In 1992 at age 16, Jan Koum and his mother emigrated from Kiev, Ukraine to Mountain View in Silicon Valley. When his mother was diagnosed with cancer, they lived off her disability allowance. By 18 he had taught himself computer networking. He joined a hacker group called w00w00 and "chatted" with Napster co-founder Shawn Fanning. In early 2014, WhatsApp, a company Koum co-founded with Brian Acton, who he had met after taking a job at Yahoo, was purchased by Facebook for $19 billion. Koum took the papers and signed them on the door of the welfare office where he had once picked up his welfare checks.

Lane explains that in some cases his Forbes team is like psychotherapists. "We sometimes become Oprah's couch for young entrepreneurs. These tycoons look upon us almost like confidantes, open up their private lives-- more psychographic than demographic." These stories are about people - not code - and in each telling, it is about inspiration and execution and the founder at his core. The book explores not only the triumphs of these young people but also the disappointments that sometimes lead to depression and insecurities. And this book lays them out.

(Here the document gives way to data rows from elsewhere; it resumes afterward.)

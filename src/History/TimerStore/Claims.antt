-- ===== src/History/TimerStore/Claims.antt =====
-- ClaimExpired of history/internal/adapters/redis/timer_store.go: what it takes and what it leaves.
use mini_workflow.Prelude.{
  ◌≡◌, refl, String, Bool, true, false, not, Option, none, some, List, [], ◌∷◌, arith, keep, str_eq,
  eq_iff, Bool-cases, inl, inr, if◌then◌else◌,
}
use mini_workflow.Prelude.Int.{ℤ}
use mini_workflow.History.TimerStore.{Entry, TimerStore, is_expired, is_in}

-- The score of a member, if it is there.
unfoldable pub score_of : String → List Entry → Option ℤ
score_of m [] = none
score_of m (e ∷ rest) = if str_eq e.member m then some e.score else score_of m rest

pub score_of-keep :
    (p : Entry → Bool) (m : String) (xs : List Entry)
    → ((e : Entry) → str_eq e.member m ≡ true → p e ≡ true)
    → score_of m (keep p xs) ≡ score_of m xs
unfolding score_of
score_of-keep p m [] h = refl
score_of-keep p m (e ∷ rest) h = ground (arith, score_of-keep p m rest h, h e)

pub score_of-keep-none :
    (p : Entry → Bool) (m : String) (xs : List Entry)
    → ((e : Entry) → str_eq e.member m ≡ true → p e ≡ false)
    → score_of m (keep p xs) ≡ none
unfolding score_of
score_of-keep-none p m [] h = refl
score_of-keep-none p m (e ∷ rest) h = ground (arith, score_of-keep-none p m rest h, h e)

module _ (now : ℤ) where
  abbrev InIf : List Entry → Entry → Type 0
  InIf c e = is_expired now e ≡ true → is_in e.member c ≡ true

  pub left_score :
      (c : List Entry) (m : String) (xs : List Entry)
      → score_of m (keep (λ e. not (is_in e.member c)) xs)
        ≡ (if is_in m c then none else score_of m xs)
  left_score c m xs = elim (Bool-cases (is_in m c)) [
    | inl taken ↦ rw taken (
        score_of-keep-none (λ e. not (is_in e.member c)) m xs
          (λ e same. ground (arith, (eq_iff e.member m).0 same)))
    | inr left ↦ rw left (
        score_of-keep (λ e. not (is_in e.member c)) m xs
          (λ e same. ground (arith, (eq_iff e.member m).0 same)))
  ]
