-- ===== src/History/TimerStore/Schedule.antt =====
-- What scheduling a timer leaves in the set of Redis, and when it wakes the processor.
use mini_workflow.Prelude.{
  ℕ, ◌+◌, ◌≡◌, refl, ap, ◌∙◌, String, Bool, true, false, not, Option, none, some, List, [], ◌∷◌,
  arith, str_eq, eq_iff, Bool-cases, inl, inr, if◌then◌else◌,
}
use mini_workflow.Prelude.Int.{ℤ, unix_milli}
use mini_workflow.Result.{ok}
use mini_workflow.History.Models.{Timer}
use mini_workflow.History.Backend.{Backend}
use mini_workflow.History.Postgres.{Fault}
use mini_workflow.History.TimerStore.{
  Entry, TimerStore, insert_entry, without, zadd, is_earliest, schedule_timer, add_all,
  rebuild_from_db, reached,
}
use mini_workflow.History.TimerStore.Claims.{score_of, score_of-keep, score_of-keep-none}

score_of-insert :
    (x : Entry) (m : String) (rows : List Entry)
    → score_of x.member rows ≡ none
    → score_of m (insert_entry x rows)
      ≡ (if str_eq x.member m then some x.score else score_of m rows)
unfolding score_of insert_entry
score_of-insert x m [] h = refl
score_of-insert x m (e ∷ rest) h = ground (
  arith,
  eq_iff e.member x.member,
  eq_iff e.member m,
  eq_iff x.member m,
  score_of-insert x m rest,
)

pub score_of-zadd :
    (at : ℤ) (id m : String) (rows : List Entry)
    → score_of m (zadd at id rows) ≡ (if str_eq id m then some at else score_of m rows)
unfolding zadd without
score_of-zadd at id m rows =
    score_of-insert (record { score = at; member = id }) m (without id rows)
      (score_of-keep-none (λ e. not (str_eq e.member id)) id rows (λ e own. rw own refl))
    ∙ others (str_eq id m) refl
  where
    others :
        (c : Bool)
        → str_eq id m ≡ c
        → (if c then some at else score_of m (without id rows))
          ≡ (if c then some at else score_of m rows)
    others true same = refl
    others false differ =
        score_of-keep (λ e. not (str_eq e.member id)) m rows
          (λ e own. ground (arith, eq_iff e.member m, eq_iff e.member id, eq_iff id m, own, differ))

-- The time of a member after all the timers of a list have been set, one after the other.
abbrev pub set_to : ⦃b : Backend⦄ → String → List Timer → Option ℤ → Option ℤ
set_to m [] old = old
set_to ⦃b⦄ m (t ∷ rest) old =
    set_to m rest
      (if str_eq (b.print_uuid t.timer_id) m then some (unix_milli t.fire_time) else old)

add_all-set_to :
    ⦃b : Backend⦄ (m : String) (ts : List Timer) (rows : List Entry)
    → score_of m (add_all ts rows) ≡ set_to m ts (score_of m rows)
unfolding add_all
add_all-set_to m [] rows = refl
add_all-set_to ⦃b⦄ m (t ∷ rest) rows =
    add_all-set_to m rest (zadd (unix_milli t.fire_time) (b.print_uuid t.timer_id) rows)
    ∙ ap (set_to m rest) (score_of-zadd (unix_milli t.fire_time) (b.print_uuid t.timer_id) m rows)

reached_all :
    (faults : ℕ → Fault) (ts : List Timer) → ((k : ℕ) → faults k ≡ none) → reached faults ts ≡ ts
unfolding reached
reached_all faults [] up = refl
reached_all faults (t ∷ rest) up =
    rw (up 0, reached_all (λ k. faults (k + 1)) rest (λ k. up (k + 1))) refl

pub rebuilt-set_to :
    ⦃b : Backend⦄ (faults : ℕ → Fault) (m : String) (ts : List Timer) (s : TimerStore)
    → ((k : ℕ) → faults k ≡ none)
    → score_of m (rebuild_from_db faults ts s).1.active ≡ set_to m ts (score_of m s.active)
unfolding rebuild_from_db
rebuilt-set_to faults m [] s up = refl
rebuilt-set_to faults m (t ∷ rest) s up =
    rw (reached_all faults (t ∷ rest) up) (add_all-set_to m (t ∷ rest) s.active)

abbrev pub no_fault : ℕ → Option String
no_fault n = none

-- The set of Redis is a map from timers to times. Scheduling a timer sets its time and that of no
-- other, and wakes the processor if the timer is then the first; a rebuild sets the time of each of
-- its timers, in their order, and leaves every other. All of it when Redis answers.
pub schedule_timer-rebuild_from_db :
    ⦃b : Backend⦄ (id m : String) (at : ℤ) (ts : List Timer) (s : TimerStore)
    → ((schedule_timer no_fault id at s).0 ≡ ok tt)
      × (score_of m (schedule_timer no_fault id at s).1.active
          ≡ (if str_eq id m then some at else score_of m s.active))
      × ((schedule_timer no_fault id at s).1.wakeups ≡ (
          if is_earliest id (schedule_timer no_fault id at s).1.active
          then s.wakeups + 1
          else s.wakeups))
      × (score_of m (rebuild_from_db no_fault ts s).1.active ≡ set_to m ts (score_of m s.active))
unfolding schedule_timer
schedule_timer-rebuild_from_db id m at ts s =
    elim (Bool-cases (is_earliest id (zadd at id s.active))) [
      | inl first ↦ rw first (
        refl,
        score_of-zadd at id m s.active,
        rw first refl,
        rebuilt-set_to no_fault m ts s (λ k. refl),
      )
      | inr later ↦ rw later (
        refl,
        score_of-zadd at id m s.active,
        rw later refl,
        rebuilt-set_to no_fault m ts s (λ k. refl),
      )
    ]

You Only Have To Be Right Once: The Unprecedented Rise of the Instant Tech Billionaires is both intriguing and inspiring, relaying to an eager audience the hardly believable stories of fifteen self-made men and the Israeli born Adi Tatarko, who founded Houzz with her software engineer husband. These young entrepreneurs, who set out knowing too little about the harsh business climate they were entering to be intimidated, are dubbed "disrupters," continually seeking to upset the status quo. Their innovations are changing the way we live and work. Their game changing technologies impact most Americans, and many others the world over, on a daily basis.

"We led with conviction rather than rationale, because rationale said it was impossible" says Daniel Ek of Spotify.

The book also profiles Elon Musk of Tesla Motors and SpaceX, Kevin Systrom of Instagram, David Karp of Tumblr, and fairly psychoanalyzes Sean Parker of Napster and Facebook. The interviews with these impassioned and emboldened code-writing subjects make for fascinating reading as well as wonderment. For their brilliance and perseverance we are in awe. For their vast wealth--at no time in history have such enormous fortunes been so rapidly created, let alone by those so young--we rely on books like this to de-mystify us.